The rise of hysteria diagnoses, however, It was produced in the 19th century in the United Kingdom and France. The treatment for wealthy Victorian women who suffered from this disease was the so-called “pelvic massages”, that is, forced masturbations until reaching orgasm performed by the doctors themselves or the midwives.

The humiliation was double in the face of women who were accused by their own husbands of being frigid, hysterical and weak of spirit since It was a stranger who forced what at the time was called “hysterical paroxysm” either by hand or by vaginal washing. while a companion, her husband or mother, sat next to her to wait.

The number of “hysterics” treated with this method was such that at the end of the 19th century the British doctor Mortimer Granville He invented the first vibrator to be able to attend to these massive masturbations without getting tired.

Image from the movie ‘Hysteria’.

Uterus or mind?

Against those who considered that hysteria was an exclusively female disease born from the womb, the French doctor Jean-Marie Charcot and his medical experience in the hospital La Salpetrierearound 1862. Charcot had almost 4,500 admitted insane, epileptic and hysterical women (diagnosed) whom he used in his studies to try to separate physical illnesses from psychological ones.

His obsession was to demonstrate that hysterical men also existed since his line of research established the origin of this disease in neurological disorders, not in the womb, which could originate in wars or industrial accidents.

However, his treatment proposal, hypnosis, ended up partially weakening his theories, and turning his experiments into theatrical shows with women as the sad protagonist. Charcot himself recognized his mistake years later.

Of course, these studies were gold for one of the most advantaged students in his classes: Sigmund Freud and psychoanalysis.

In Spain, there were also hysterics

Charcot’s theories They also arrived in Spain but later and nuanced. Although Spanish doctors supported more conservative theories, diagnoses of hysteria and hypnosis shows also took place in our country, as reflected in some books of the time.

In fact, in 1894, the Government asked the Royal Academy of Medicine about the effectiveness of hypnosis treatment and she replied that it was a dangerous exercise and that it could only be directed by doctors.

“The treatments were very similar because it was a European trend and the most famous Spanish gynecologists had been trained in Europe,” explains Rafael Ballester.

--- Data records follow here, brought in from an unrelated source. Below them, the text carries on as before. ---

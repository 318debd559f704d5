-- ===== src/System/Published.antt =====
-- Where the records go that a system publishes.
use cria.Prelude.{
  ℕ, String, ◌≡◌, refl, Bool, true, some, List, [], ◌∷◌, arith, Every, Every-append, Bool-cases,
  Option-cases, inl, inr,
}
use cria.Table.{DashMap, find}
use cria.Text.{trim, is_empty}
use cria.Config.{Config}
use cria.Pb.{InferenceRequest, CancelRequest, TokenEvent}
use cria.State
use cria.Streaming.{Mpsc}
use cria.Kafka.Messages.{Kafka, InferenceJob, FutureRecord, CancellationEvent}
use cria.Kafka.Producer
use cria.Kafka.Producer.{
  KafkaProducer, ProduceResult, produced, refused, produce_request, produce_cancellation,
}
use cria.Kafka.Router.{note_event, deliver_event}
use cria.Kafka.Topics.{any_is}
use cria.Gateway.{Gateway}
use cria.Api.Begin.{
  Ambient, Begun, rejected, replaying, enqueuing, replay_cached_events, admit, submit_begin,
}
use cria.Api.Finish.{produce, submit_end}
use cria.Api.Control
use cria.Bff.Infer
use cria.Bff.Infer.{
  InferRequest, InferBegun, filled_or, infer_job, infer_admit, infer_begin, infer_end,
}
use cria.Bff.Views
use cria.System.{
  Replay, System, Action, replay_goes_on, submit_goes_on, infer_goes_on, submit_waits, infer_waits,
  step, run,
}
use cria.System.Moves.{step-Moves}
use cria.System.Cases.{submit_begin-cases}

-- Every record is on one of the topics.
abbrev pub IsWithin : List String → List FutureRecord → Type 0
IsWithin topics = Every (λ r. any_is r.topic topics ≡ true)

-- The topics that the producer sends to are among these.
pub record IsFor (p : KafkaProducer) (topics : List String) : Type 0 where
  pub requests :
      (model topic : String)
      → find model p.request_topics.entries ≡ some topic
      → any_is topic topics ≡ true
  pub control : any_is p.control_topic topics ≡ true

module _ ⦃k : Kafka⦄ (topics : List String) where
  send-IsWithin :
      (sent : List FutureRecord) (r : FutureRecord)
      → any_is r.topic topics ≡ true
      → IsWithin topics sent
      → IsWithin topics (Producer.send sent r).0
  unfolding Producer.send
  send-IsWithin sent r there h = Every-append _ sent (r ∷ []) h (there, tt)

  produce_request-IsWithin :
      (p : KafkaProducer) (job : InferenceJob) (sent : List FutureRecord)
      → IsFor p topics
      → IsWithin topics sent
      → IsWithin topics (produce_request p job sent).0
  unfolding produce_request
  produce_request-IsWithin p job sent f h =
      elim (Option-cases (find job.model_id p.request_topics.entries)) [
        | inl unknown ↦ rw (unknown, produce_request) h
        | inr (topic, known) ↦ elim (Option-cases (k.encode_job job)) [
          | inl bad ↦ rw (known, bad, produce_request) h
          | inr (payload, good) ↦
              rw (known, good, produce_request)
                (send-IsWithin sent _ (f.requests job.model_id topic known) h)
        ]
      ]

  produce_cancellation-IsWithin :
      (p : KafkaProducer) (event : CancellationEvent) (sent : List FutureRecord)
      → IsFor p topics
      → IsWithin topics sent
      → IsWithin topics (produce_cancellation p event sent).0
  unfolding produce_cancellation
  produce_cancellation-IsWithin p event sent f h =
      elim (Option-cases (k.encode_cancellation event)) [
        | inl bad ↦ rw (bad, produce_cancellation) h
        | inr (payload, good) ↦ rw (good, produce_cancellation) (send-IsWithin sent _ f.control h)
      ]

module _ ⦃d : DashMap⦄ ⦃ch : Mpsc⦄ where
  sent-replay_cached_events :
      (g : Gateway) (id : String) → (replay_cached_events g id).0.sent ≡ g.sent
  unfolding replay_cached_events
  sent-replay_cached_events g id = ground arith

  sent-admit :
      (g : Gateway) (job : InferenceJob) (amb : Ambient) → (admit g job amb).0.sent ≡ g.sent
  unfolding admit
  sent-admit g job amb = ground arith

  sent-submit_begin :
      (c : Config) (g : Gateway) (request : InferenceRequest) (amb : Ambient)
      → (submit_begin c g request amb).0.sent ≡ g.sent
  sent-submit_begin c g request amb =
      submit_begin-cases (λ r. r.0.sent ≡ g.sent) c g request amb (λ status. refl) (λ status. refl)
        (λ id. sent-replay_cached_events g id) (λ job its. sent-admit g job amb)

  sent-submit_end :
      (g : Gateway) (job : InferenceJob) (receiver : ℕ) (amb : Ambient) (result : ProduceResult)
      → (submit_end g job receiver amb result).0.sent ≡ g.sent
  unfolding submit_end
  sent-submit_end g job receiver amb produced = refl
  sent-submit_end g job receiver amb (refused reason) = refl

  sent-infer_begin :
      (c : Config) (g : Gateway) (request : InferRequest) (amb : Ambient)
      → (infer_begin c g request amb).0.sent ≡ g.sent
  unfolding infer_begin infer_admit
  sent-infer_begin c g request amb = ground arith

  sent-infer_end :
      (g : Gateway) (receiver : ℕ) (result : ProduceResult)
      → (infer_end g receiver result).0.sent ≡ g.sent
  unfolding infer_end
  sent-infer_end g receiver produced = refl
  sent-infer_end g receiver (refused reason) = refl

  sent-replay_goes_on :
      (s : System) (id : String) (es : List TokenEvent) (terminal : Bool) (rest : List Replay)
      → (replay_goes_on s id es terminal rest).gateway.sent ≡ s.gateway.sent
  unfolding replay_goes_on
  sent-replay_goes_on s id [] terminal rest = refl
  sent-replay_goes_on s id (e ∷ es) terminal rest = refl

module _ ⦃d : DashMap⦄ ⦃ch : Mpsc⦄ ⦃k : Kafka⦄ (topics : List String) (p : KafkaProducer)
    (f : IsFor p topics) where
  cancel-IsWithin :
      (g : Gateway) (request : CancelRequest) (amb : Ambient)
      → IsWithin topics g.sent
      → IsWithin topics (Control.cancel p g request amb).0.sent
  unfolding Control.cancel Control.announce
  cancel-IsWithin g request amb h =
      let id = trim request.request_id in
      elim (Bool-cases (is_empty id)) [
        | inl blank ↦ rw blank h
        | inr solid ↦ elim (Bool-cases (State.cancel g.state id request.reason amb.queued_at).1) [
          | inl accepted ↦
              rw (solid, accepted) (produce_cancellation-IsWithin topics p _ g.sent f h)
          | inr refused_it ↦ rw (solid, refused_it) h
        ]
      ]

  click-IsWithin :
      (g : Gateway) (id : String) (amb : Ambient)
      → IsWithin topics g.sent
      → IsWithin topics (Views.cancel p g id amb).0.sent
  unfolding Views.cancel Control.announce
  click-IsWithin g id amb h =
      elim (Bool-cases (State.cancel g.state id "cancelled from web UI" amb.queued_at).1) [
        | inl accepted ↦ rw accepted (produce_cancellation-IsWithin topics p _ g.sent f h)
        | inr refused_it ↦ rw refused_it h
      ]

  submit_waits-IsWithin :
      (amb : Ambient) (s : System) (g : Gateway) (begun : Begun)
      → IsWithin topics g.sent
      → IsWithin topics (submit_waits p amb s g begun).gateway.sent
  unfolding submit_waits produce
  submit_waits-IsWithin amb s g (rejected status) h = h
  submit_waits-IsWithin amb s g (replaying receiver id es) h = h
  submit_waits-IsWithin amb s g (enqueuing job receiver) h =
      produce_request-IsWithin topics p job g.sent f h

  infer_waits-IsWithin :
      (s : System) (g : Gateway) (begun : InferBegun)
      → IsWithin topics g.sent
      → IsWithin topics (infer_waits p s g begun).gateway.sent
  unfolding infer_waits produce
  infer_waits-IsWithin s g (Infer.rejected e) h = h
  infer_waits-IsWithin s g (Infer.enqueuing job receiver) h =
      produce_request-IsWithin topics p job g.sent f h

  step-IsWithin :
      (c : Config) (s : System) (a : Action)
      → IsWithin topics s.gateway.sent
      → IsWithin topics (step c p s a).gateway.sent
  unfolding submit_goes_on infer_goes_on note_event deliver_event
  step-IsWithin c s a h =
      step-Moves c p s (λ b s'. IsWithin topics s'.gateway.sent)
        (record {
          stays = λ b stuck. h;
          submits = λ request amb.
              let (g, begun) = submit_begin c s.gateway request amb in
              submit_waits-IsWithin amb s g begun (rw sent-submit_begin h);
          is_answered = λ i w rest found. rw sent-submit_end h;
          infers = λ request amb.
              let (g, begun) = infer_begin c s.gateway request amb in
              infer_waits-IsWithin s g begun (rw sent-infer_begin h);
          infer_is_answered = λ i receiver result rest found. rw sent-infer_end h;
          cancels = λ request amb. cancel-IsWithin s.gateway request amb h;
          clicks = λ id amb. click-IsWithin s.gateway id amb h;
          notes = λ e now ready. h;
          hands = λ e waiting. h;
          replays = λ i r rest found. rw sent-replay_goes_on h;
        })
        a

  pub run-IsWithin :
      (c : Config) (s : System) (actions : List Action)
      → IsWithin topics s.gateway.sent
      → IsWithin topics (run c p s actions).gateway.sent
  unfolding run
  run-IsWithin c s [] h = h
  run-IsWithin c s (a ∷ actions) h = run-IsWithin c (step c p s a) actions (step-IsWithin c s a h)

One of the most important gynecologists in Spain at the time, the Catalan Miguel A. Fargasestablishes in his treatises the danger of incomplete copulation that can cause “hysteriform attacks” and “vaginismus.”

And it establishes as a prescription the control of female sexuality aimed exclusively at motherhood: “For the sexual woman, her future, her well-being and her happiness lie in her perfect aptitude for motherhood.”.

These medical theories directly affected those women who thought of entering public life in some way, especially activists or writers, such as Charlotte Perkins Gilmanwho was sentenced in the US to rest and a milk-based diet for hysteria.

For the doctors of the time, if women stimulated a specific organ too much they could cause the deterioration of another, that is, If they developed their brain too much they would harm their reproductive organs. and they would end up hysterical.

With the arrival of the 20th century, hysteria lost strength in diagnoses, especially after in 1950 the American Psychological Association established that it was not a mental illness. Yes indeed, The negative charge of the insult has remained intact and has even become popular with new connotations after the rise of the feminist movement.

“Currently There is still that sexism when it comes to diagnosing. “If she is a patient, we always tend to think that she suffers from a psychological problem and if she is a man, she is looking for something physical,” Ballester concludes. And if we don’t know what she is… hysteria.